If a line in the data holds "tazer", copy that line out in full.

(Collected data entries)
————————

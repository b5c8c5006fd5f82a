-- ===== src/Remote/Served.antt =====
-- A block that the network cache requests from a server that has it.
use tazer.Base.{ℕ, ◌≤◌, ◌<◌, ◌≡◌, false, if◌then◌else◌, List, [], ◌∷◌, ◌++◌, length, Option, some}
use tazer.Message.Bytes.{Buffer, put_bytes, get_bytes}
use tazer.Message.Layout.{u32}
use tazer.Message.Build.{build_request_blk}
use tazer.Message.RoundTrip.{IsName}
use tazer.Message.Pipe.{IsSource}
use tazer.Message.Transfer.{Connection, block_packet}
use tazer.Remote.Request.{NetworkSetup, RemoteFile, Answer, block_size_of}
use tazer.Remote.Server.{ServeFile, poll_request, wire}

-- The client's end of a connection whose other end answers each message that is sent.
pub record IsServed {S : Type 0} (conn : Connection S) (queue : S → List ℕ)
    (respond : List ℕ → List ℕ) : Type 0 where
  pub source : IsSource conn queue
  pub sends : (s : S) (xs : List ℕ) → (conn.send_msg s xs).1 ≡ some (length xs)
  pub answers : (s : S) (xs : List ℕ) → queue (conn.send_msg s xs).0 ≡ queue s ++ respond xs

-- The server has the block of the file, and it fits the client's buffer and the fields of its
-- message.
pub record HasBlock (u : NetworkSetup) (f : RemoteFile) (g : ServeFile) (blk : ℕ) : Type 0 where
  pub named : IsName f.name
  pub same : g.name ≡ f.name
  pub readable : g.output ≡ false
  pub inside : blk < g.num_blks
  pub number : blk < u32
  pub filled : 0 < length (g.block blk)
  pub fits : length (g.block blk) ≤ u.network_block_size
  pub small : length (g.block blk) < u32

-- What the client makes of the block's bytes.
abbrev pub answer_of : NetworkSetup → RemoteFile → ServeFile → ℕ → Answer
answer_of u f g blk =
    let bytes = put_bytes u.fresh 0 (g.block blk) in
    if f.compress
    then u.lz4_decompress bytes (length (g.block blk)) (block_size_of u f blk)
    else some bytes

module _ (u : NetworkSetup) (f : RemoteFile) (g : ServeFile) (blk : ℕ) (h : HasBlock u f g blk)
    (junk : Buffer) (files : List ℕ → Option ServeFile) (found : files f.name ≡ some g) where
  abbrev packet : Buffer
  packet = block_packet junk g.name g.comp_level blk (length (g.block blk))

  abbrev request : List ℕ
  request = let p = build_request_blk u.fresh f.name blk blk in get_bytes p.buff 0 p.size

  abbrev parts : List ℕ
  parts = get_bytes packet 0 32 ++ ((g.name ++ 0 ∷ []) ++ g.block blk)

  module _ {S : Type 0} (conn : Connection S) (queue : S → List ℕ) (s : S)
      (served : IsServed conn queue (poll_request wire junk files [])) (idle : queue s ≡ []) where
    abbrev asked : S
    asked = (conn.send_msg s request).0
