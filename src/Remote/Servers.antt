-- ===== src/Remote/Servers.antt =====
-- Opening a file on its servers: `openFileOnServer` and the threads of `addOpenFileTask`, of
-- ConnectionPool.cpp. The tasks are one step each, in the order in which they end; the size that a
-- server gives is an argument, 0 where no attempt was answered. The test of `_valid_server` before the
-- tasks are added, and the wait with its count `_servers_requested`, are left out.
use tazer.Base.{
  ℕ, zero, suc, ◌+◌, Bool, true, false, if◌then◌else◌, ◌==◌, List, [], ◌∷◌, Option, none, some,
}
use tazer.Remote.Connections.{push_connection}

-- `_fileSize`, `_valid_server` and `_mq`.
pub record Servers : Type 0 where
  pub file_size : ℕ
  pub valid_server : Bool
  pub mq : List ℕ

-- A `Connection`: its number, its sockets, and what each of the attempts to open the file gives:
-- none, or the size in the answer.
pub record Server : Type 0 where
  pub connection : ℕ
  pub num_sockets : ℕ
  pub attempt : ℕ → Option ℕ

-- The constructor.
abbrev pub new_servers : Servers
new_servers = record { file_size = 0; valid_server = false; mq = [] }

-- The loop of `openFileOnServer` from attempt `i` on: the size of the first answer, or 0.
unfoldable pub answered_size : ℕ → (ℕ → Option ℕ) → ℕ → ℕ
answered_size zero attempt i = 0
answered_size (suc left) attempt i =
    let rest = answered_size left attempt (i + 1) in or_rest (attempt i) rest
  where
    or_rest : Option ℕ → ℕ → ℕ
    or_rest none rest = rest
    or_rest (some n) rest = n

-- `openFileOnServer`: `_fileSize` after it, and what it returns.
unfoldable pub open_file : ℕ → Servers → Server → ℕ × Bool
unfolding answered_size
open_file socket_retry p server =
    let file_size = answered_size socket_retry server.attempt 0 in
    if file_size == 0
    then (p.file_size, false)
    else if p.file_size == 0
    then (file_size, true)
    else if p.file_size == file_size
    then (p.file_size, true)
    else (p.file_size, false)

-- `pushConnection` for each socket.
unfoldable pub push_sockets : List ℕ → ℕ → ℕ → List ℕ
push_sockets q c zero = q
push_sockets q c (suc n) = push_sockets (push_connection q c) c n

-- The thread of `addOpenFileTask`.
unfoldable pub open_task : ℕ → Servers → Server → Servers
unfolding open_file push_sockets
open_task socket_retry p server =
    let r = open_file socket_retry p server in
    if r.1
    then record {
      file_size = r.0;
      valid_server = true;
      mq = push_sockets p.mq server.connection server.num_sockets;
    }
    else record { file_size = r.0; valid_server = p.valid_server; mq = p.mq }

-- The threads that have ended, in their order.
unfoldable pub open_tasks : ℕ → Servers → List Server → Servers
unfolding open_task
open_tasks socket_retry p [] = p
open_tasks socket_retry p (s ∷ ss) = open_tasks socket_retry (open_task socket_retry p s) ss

————————

- [Response to the task]:
use tazer.Base.{ℕ, ◌≤◌, ◌<◌, ◌≡◌, false, if◌then◌else◌, List, [], ◌∷◌, ◌++◌, length, Option, some}
use tazer.Message.Bytes.{Buffer, put_bytes, get_bytes}
use tazer.Message.Layout.{u32}
use tazer.Message.Build.{build_request_blk}
use tazer.Message.RoundTrip.{IsName}
use tazer.Message.Pipe.{IsSource}
use tazer.Message.Transfer.{Connection, block_packet}
use tazer.Remote.Request.{NetworkSetup, RemoteFile, Answer, block_size_of}
use tazer.Remote.Server.{ServeFile, poll_request, wire}
use tazer.Base.{
use tazer.Remote.Connections.{push_connection}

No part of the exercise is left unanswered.